• **What is being asked**
Retype, word for word, every line of the records below starting at the one that contains "savepoint (some e) before inside = before" and ending at the one that contains "store_parsed g exchange day f db (raised"; include both of those lines and nothing more.

• **Records for processing**
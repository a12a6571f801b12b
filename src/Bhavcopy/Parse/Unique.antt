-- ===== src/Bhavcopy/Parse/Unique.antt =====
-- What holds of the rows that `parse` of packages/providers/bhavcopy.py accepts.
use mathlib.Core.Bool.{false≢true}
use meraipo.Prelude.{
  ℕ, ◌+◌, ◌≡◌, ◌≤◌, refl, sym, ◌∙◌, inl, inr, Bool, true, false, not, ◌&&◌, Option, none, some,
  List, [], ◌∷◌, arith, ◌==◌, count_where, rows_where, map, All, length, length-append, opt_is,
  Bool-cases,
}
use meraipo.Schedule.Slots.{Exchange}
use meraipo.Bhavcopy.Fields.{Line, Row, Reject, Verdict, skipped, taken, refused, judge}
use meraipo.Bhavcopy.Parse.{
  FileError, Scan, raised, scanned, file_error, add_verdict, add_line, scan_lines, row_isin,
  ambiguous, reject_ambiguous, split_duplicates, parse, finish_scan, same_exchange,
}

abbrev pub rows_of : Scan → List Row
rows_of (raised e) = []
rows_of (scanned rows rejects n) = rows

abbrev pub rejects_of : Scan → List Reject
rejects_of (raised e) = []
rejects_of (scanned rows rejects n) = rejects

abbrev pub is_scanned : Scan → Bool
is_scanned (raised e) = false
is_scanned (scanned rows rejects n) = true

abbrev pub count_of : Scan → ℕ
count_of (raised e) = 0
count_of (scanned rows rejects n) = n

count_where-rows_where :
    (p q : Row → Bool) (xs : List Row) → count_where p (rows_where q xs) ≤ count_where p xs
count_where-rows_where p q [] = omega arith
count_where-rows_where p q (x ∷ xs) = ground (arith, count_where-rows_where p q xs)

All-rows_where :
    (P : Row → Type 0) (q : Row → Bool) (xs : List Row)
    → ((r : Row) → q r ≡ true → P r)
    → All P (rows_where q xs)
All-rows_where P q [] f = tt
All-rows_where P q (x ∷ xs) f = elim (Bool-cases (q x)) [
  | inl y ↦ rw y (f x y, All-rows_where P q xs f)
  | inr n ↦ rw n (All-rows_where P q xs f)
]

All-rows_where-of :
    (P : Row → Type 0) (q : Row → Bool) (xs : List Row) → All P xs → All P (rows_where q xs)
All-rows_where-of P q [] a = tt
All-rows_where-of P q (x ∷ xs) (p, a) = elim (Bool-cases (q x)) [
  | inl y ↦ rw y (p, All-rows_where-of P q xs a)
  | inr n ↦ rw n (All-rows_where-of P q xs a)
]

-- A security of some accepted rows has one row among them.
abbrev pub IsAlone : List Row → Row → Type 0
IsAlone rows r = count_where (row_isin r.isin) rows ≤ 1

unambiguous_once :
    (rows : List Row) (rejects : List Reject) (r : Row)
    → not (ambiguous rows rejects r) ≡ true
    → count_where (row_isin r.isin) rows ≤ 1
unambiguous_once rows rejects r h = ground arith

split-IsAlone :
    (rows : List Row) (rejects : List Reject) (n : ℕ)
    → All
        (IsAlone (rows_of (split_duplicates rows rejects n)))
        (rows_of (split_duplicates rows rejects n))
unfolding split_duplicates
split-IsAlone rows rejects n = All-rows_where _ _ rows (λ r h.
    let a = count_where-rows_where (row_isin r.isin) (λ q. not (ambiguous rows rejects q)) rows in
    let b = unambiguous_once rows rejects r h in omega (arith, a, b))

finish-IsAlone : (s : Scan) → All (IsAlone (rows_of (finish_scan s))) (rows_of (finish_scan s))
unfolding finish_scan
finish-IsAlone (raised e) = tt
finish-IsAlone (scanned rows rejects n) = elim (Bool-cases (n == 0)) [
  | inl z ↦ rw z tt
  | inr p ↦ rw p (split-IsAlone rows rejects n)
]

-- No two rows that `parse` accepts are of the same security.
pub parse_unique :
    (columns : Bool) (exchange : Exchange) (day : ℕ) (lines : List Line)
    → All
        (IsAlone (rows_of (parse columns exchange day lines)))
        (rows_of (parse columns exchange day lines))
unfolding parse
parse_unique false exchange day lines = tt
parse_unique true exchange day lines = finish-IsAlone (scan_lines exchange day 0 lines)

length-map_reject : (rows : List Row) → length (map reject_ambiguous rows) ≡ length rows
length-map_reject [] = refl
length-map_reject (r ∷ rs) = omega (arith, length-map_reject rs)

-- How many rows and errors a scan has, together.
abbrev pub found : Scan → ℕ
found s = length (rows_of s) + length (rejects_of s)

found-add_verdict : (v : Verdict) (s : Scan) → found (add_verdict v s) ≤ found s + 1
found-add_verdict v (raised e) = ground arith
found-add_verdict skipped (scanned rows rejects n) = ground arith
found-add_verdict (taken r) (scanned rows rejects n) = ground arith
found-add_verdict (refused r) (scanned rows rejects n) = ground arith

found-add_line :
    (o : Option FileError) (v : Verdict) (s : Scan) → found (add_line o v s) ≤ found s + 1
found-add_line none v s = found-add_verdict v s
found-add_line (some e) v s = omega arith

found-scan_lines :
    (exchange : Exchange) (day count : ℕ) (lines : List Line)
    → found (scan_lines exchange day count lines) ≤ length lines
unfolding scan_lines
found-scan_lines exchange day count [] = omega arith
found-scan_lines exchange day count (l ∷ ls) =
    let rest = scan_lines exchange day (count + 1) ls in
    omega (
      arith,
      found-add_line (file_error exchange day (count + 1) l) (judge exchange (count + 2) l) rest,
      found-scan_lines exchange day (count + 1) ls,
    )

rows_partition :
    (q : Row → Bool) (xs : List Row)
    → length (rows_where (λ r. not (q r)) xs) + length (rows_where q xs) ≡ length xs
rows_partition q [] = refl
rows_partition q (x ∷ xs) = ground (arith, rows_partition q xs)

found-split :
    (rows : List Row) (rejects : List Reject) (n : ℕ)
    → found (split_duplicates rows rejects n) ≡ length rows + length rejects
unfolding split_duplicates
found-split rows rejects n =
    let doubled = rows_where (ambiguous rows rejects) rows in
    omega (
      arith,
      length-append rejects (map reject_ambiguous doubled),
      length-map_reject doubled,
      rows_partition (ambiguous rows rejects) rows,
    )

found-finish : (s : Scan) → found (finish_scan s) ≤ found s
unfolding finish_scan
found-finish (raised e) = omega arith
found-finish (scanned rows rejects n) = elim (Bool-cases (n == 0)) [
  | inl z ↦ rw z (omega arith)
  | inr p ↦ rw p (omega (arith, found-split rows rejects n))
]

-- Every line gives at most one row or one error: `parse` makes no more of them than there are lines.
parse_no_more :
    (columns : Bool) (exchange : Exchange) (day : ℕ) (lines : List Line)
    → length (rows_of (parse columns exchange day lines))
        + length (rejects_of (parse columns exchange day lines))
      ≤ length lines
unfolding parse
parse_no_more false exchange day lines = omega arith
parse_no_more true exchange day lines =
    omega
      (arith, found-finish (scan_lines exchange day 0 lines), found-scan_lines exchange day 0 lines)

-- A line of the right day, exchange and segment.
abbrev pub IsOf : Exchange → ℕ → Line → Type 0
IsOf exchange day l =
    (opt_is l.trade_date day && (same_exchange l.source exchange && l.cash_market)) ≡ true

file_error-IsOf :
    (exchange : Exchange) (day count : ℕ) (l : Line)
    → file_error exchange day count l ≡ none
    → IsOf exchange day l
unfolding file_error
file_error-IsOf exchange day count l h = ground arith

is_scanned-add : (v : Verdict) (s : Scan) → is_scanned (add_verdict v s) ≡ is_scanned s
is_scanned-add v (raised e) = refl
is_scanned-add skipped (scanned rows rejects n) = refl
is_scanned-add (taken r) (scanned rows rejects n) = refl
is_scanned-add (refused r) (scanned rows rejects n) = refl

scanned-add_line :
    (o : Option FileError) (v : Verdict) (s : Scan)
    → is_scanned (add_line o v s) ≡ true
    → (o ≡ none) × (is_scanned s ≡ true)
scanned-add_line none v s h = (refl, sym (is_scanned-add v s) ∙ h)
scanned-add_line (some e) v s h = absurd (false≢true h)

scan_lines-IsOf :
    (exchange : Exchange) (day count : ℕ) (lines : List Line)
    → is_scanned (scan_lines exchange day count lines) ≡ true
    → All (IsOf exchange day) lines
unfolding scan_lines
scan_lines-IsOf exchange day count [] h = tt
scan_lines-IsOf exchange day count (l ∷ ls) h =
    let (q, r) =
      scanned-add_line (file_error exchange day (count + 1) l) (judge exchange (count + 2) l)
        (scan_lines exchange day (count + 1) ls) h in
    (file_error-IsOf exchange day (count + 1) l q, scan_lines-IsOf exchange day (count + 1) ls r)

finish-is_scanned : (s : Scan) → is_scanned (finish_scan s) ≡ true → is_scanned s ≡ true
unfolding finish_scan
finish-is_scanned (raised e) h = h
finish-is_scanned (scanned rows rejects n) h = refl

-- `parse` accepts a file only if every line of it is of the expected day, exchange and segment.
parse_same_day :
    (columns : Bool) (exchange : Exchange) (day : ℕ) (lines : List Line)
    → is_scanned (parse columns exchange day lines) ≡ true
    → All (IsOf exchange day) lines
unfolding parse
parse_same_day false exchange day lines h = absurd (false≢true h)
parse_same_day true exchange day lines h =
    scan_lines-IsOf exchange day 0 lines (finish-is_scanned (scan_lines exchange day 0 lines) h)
* * *
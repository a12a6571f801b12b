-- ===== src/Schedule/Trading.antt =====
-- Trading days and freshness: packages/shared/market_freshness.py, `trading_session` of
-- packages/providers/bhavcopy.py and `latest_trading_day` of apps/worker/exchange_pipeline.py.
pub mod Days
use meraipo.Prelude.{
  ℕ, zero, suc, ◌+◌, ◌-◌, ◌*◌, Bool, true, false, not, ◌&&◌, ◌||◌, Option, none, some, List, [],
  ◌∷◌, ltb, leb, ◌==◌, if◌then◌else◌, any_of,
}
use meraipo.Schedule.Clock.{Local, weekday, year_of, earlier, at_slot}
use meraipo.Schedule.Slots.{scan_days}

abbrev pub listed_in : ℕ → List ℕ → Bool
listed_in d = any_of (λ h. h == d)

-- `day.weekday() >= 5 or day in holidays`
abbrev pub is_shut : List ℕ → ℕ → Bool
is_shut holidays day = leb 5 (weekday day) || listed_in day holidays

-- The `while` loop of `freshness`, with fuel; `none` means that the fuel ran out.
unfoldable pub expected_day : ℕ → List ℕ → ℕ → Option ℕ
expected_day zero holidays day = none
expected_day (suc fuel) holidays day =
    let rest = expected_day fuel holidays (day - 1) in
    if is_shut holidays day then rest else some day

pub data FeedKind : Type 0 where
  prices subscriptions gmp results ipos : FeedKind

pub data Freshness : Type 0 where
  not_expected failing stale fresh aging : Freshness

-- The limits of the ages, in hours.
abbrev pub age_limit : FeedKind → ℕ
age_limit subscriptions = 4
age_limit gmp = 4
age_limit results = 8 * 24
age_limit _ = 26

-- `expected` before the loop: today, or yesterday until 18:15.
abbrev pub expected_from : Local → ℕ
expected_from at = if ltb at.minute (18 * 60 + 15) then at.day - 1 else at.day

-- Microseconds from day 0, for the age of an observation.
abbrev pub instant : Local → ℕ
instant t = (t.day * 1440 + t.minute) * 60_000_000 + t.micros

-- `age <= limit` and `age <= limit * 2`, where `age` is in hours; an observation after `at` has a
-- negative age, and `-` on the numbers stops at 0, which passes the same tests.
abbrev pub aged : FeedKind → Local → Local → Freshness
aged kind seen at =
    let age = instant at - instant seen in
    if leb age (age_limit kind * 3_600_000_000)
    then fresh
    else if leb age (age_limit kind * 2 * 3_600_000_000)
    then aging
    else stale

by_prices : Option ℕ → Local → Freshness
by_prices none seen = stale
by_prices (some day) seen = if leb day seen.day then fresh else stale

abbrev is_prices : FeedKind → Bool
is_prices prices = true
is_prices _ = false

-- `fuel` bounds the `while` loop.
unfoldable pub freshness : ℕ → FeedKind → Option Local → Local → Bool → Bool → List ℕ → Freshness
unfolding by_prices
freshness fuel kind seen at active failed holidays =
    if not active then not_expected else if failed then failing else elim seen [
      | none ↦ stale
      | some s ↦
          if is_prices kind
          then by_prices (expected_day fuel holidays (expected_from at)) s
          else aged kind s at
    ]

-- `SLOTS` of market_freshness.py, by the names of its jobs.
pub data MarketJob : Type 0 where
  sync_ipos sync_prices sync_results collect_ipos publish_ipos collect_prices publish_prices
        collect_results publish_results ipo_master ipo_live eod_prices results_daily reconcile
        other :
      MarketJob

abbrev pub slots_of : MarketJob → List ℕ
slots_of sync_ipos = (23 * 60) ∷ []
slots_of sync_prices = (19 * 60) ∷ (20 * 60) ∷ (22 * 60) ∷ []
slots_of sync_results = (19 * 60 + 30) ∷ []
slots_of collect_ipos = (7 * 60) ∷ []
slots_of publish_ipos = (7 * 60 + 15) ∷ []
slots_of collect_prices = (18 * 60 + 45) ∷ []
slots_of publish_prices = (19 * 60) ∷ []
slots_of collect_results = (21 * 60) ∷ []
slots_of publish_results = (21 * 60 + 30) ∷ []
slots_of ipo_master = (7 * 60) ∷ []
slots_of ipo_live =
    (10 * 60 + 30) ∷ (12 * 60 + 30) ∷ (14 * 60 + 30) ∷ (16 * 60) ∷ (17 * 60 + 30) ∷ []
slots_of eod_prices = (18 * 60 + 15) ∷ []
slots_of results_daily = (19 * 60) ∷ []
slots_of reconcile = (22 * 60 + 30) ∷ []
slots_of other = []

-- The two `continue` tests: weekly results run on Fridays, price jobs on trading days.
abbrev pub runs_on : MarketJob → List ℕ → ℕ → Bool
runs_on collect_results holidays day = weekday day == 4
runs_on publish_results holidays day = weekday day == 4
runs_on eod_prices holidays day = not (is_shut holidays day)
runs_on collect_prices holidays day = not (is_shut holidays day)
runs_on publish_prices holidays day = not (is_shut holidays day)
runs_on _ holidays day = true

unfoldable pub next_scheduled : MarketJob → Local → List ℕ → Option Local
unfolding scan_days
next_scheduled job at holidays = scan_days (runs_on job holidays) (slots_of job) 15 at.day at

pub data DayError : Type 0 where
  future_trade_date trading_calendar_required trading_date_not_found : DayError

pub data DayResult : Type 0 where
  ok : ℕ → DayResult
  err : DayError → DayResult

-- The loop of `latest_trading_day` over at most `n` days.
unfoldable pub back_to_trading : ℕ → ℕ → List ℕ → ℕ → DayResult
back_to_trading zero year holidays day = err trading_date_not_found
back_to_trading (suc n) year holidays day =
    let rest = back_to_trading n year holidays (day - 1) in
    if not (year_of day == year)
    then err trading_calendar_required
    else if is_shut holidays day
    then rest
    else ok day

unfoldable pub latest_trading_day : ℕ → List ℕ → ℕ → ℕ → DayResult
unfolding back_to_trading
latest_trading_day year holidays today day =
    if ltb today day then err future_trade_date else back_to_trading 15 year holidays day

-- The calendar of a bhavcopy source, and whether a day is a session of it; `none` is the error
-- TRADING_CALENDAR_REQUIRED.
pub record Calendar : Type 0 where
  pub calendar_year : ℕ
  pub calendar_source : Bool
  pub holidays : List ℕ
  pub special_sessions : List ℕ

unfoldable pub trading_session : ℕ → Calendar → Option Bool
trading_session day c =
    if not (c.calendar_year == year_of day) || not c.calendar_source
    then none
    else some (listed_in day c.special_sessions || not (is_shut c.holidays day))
--
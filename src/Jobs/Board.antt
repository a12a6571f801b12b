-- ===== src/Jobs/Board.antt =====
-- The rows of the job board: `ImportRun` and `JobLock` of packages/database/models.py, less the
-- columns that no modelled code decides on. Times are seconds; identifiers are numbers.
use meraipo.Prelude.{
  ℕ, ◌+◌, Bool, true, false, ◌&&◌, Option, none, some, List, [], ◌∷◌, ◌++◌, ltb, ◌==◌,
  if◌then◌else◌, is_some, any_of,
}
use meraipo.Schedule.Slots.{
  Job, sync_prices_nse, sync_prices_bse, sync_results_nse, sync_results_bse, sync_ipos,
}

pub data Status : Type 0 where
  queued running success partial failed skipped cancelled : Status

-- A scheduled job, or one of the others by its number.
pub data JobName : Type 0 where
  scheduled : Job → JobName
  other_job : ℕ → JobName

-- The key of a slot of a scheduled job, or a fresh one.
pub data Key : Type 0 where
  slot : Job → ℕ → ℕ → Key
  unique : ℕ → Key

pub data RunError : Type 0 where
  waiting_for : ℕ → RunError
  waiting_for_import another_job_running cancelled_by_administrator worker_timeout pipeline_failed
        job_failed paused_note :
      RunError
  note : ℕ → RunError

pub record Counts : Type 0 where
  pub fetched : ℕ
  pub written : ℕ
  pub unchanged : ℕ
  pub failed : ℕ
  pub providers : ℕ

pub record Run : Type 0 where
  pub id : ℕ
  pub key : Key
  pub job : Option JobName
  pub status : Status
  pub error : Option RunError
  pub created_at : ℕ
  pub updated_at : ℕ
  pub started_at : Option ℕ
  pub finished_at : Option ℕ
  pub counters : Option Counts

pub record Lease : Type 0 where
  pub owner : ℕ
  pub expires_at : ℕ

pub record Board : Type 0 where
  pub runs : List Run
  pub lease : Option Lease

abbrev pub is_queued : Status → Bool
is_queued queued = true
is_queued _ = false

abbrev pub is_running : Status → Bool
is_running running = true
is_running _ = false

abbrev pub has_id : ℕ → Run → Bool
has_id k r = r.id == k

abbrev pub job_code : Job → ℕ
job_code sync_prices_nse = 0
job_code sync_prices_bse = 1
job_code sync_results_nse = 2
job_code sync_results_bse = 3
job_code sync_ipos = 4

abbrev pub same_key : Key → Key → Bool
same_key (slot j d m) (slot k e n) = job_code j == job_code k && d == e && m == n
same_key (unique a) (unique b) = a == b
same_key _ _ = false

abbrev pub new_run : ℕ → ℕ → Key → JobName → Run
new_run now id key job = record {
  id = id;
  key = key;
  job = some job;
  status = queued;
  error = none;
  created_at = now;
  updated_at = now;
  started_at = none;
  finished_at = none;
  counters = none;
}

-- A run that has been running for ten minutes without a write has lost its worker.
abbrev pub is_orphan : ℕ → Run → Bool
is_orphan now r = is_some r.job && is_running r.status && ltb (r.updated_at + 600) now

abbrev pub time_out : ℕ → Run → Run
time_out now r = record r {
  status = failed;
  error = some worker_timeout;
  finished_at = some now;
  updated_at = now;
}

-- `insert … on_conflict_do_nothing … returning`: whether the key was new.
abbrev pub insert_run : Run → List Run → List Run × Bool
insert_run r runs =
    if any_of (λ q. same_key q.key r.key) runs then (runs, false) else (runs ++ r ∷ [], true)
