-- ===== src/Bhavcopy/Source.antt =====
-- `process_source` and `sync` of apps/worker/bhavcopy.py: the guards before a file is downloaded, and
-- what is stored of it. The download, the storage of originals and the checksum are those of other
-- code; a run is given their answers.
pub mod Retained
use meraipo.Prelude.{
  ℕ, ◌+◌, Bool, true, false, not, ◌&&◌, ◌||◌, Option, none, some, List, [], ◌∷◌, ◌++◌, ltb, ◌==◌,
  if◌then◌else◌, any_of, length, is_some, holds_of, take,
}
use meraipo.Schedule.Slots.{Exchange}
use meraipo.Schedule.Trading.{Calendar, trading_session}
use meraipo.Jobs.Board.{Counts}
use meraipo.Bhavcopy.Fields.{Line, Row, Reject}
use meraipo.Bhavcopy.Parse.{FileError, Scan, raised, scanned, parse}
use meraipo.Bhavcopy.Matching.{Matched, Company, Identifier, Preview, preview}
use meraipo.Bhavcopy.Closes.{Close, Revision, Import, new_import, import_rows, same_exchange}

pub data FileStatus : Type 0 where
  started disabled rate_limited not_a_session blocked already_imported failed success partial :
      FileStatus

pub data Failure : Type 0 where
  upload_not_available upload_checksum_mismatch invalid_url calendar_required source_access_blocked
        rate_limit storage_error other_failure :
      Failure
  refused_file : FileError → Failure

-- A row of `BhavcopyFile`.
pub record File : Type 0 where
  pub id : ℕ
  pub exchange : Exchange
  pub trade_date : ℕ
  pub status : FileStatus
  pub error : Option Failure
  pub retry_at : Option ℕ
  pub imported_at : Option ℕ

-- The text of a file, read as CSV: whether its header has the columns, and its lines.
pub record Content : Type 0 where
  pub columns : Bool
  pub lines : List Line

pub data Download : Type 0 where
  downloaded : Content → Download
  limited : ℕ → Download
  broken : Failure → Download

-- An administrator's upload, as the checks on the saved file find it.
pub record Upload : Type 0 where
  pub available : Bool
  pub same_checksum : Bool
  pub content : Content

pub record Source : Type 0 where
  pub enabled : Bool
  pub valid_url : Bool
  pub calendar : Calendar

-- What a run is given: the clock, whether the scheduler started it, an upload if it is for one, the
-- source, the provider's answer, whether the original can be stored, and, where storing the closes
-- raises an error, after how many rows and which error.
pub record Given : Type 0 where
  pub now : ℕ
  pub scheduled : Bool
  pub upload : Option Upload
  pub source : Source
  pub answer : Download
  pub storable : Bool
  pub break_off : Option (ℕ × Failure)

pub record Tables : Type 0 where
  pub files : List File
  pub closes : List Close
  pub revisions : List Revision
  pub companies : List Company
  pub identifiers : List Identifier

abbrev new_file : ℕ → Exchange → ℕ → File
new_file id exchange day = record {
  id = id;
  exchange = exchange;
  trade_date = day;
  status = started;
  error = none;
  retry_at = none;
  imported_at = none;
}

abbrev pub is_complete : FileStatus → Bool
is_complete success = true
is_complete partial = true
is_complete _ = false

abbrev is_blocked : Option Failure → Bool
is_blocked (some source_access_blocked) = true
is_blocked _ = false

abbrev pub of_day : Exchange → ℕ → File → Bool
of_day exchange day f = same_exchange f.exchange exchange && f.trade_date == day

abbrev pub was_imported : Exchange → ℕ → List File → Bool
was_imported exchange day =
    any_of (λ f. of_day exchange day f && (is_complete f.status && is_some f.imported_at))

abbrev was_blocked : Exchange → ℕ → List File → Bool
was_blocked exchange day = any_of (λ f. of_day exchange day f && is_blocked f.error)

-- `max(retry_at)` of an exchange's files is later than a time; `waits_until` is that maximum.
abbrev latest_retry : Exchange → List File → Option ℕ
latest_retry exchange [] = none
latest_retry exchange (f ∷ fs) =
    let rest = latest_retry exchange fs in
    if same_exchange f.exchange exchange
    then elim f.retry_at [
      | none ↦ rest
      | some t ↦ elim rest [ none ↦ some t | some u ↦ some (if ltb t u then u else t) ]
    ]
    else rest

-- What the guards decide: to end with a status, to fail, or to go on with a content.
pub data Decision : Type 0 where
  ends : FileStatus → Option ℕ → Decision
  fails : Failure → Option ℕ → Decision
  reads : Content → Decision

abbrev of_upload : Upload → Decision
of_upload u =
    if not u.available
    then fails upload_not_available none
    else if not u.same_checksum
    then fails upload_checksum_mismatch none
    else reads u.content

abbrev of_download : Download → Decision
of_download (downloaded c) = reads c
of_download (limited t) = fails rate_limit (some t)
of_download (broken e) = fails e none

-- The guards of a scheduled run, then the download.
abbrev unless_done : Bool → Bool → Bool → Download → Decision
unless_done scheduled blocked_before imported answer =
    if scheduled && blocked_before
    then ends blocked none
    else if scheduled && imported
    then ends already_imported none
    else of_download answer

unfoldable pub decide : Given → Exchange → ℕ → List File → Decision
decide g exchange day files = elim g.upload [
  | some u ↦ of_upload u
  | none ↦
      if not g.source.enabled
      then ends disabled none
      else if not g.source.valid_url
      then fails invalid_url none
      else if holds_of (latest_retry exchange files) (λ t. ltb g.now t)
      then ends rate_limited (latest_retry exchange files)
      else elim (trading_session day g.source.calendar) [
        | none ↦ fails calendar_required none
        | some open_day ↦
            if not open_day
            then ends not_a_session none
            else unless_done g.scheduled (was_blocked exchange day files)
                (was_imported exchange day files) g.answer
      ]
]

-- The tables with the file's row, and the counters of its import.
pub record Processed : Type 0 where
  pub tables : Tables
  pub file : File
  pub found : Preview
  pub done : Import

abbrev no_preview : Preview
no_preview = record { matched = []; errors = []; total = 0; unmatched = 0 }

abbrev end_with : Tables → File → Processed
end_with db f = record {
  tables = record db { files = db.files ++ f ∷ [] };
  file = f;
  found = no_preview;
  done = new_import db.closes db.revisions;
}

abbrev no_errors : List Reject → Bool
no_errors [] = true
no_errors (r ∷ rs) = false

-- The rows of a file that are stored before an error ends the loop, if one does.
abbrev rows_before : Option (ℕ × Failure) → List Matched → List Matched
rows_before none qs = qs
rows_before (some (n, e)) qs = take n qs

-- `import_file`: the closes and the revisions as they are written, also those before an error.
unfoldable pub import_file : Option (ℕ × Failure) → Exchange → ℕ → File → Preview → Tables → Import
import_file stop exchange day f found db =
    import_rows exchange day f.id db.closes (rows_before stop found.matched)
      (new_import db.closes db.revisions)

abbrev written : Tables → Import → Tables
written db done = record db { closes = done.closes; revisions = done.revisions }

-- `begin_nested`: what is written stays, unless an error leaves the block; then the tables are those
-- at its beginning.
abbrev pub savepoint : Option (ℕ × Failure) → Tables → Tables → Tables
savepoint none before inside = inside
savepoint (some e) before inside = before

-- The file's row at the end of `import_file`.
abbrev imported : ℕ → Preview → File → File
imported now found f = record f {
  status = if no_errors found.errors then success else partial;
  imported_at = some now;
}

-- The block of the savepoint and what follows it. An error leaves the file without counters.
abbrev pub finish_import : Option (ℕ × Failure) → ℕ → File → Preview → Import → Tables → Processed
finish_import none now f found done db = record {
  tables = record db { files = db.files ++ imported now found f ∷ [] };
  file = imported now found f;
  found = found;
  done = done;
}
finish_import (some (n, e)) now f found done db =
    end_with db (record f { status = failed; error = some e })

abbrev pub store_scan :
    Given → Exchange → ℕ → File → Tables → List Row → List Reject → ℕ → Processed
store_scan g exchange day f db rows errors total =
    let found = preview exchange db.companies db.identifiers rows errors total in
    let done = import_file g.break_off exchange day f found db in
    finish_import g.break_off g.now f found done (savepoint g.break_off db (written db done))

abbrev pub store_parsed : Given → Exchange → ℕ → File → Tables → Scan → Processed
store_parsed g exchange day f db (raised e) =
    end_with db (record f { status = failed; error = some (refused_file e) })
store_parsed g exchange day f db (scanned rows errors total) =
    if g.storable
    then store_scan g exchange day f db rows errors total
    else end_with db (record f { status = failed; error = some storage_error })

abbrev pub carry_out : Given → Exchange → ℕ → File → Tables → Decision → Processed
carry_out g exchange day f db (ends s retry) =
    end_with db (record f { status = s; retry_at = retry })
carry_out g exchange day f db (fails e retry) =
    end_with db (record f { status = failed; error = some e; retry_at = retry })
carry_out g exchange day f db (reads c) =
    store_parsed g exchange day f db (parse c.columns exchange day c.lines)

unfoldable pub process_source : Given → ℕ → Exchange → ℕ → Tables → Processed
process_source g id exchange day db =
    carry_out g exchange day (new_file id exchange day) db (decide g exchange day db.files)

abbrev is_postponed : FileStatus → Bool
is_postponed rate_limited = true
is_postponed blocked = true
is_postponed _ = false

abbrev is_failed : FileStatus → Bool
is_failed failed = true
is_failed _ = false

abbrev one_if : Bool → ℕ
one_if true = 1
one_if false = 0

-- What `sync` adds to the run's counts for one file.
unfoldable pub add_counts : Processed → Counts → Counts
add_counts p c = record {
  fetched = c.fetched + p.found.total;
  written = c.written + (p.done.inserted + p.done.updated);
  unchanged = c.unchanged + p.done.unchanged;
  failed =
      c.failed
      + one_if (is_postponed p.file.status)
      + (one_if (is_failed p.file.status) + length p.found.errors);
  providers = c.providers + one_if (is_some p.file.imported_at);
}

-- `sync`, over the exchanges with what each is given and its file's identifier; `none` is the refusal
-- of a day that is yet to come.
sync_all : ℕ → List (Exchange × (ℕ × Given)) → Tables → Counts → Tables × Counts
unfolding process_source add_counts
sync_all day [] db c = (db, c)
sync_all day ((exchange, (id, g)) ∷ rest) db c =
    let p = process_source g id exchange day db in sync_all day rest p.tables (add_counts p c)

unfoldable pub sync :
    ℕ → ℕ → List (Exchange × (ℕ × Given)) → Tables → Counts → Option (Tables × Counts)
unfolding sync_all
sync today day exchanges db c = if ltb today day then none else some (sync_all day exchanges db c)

• **Answer box**
savepoint (some e) before inside = before

-- The file's row at the end of `import_file`.
abbrev imported : ℕ → Preview → File → File
imported now found f = record f {
  status = if no_errors found.errors then success else partial;
  imported_at = some now;
}

-- The block of the savepoint and what follows it. An error leaves the file without counters.
abbrev pub finish_import : Option (ℕ × Failure) → ℕ → File → Preview → Import → Tables → Processed
finish_import none now f found done db = record {
  tables = record db { files = db.files ++ imported now found f ∷ [] };
  file = imported now found f;
  found = found;
  done = done;
}
finish_import (some (n, e)) now f found done db =
    end_with db (record f { status = failed; error = some e })

abbrev pub store_scan :
    Given → Exchange → ℕ → File → Tables → List Row → List Reject → ℕ → Processed
store_scan g exchange day f db rows errors total =
    let found = preview exchange db.companies db.identifiers rows errors total in
    let done = import_file g.break_off exchange day f found db in
    finish_import g.break_off g.now f found done (savepoint g.break_off db (written db done))

abbrev pub store_parsed : Given → Exchange → ℕ → File → Tables → Scan → Processed
store_parsed g exchange day f db (raised e) =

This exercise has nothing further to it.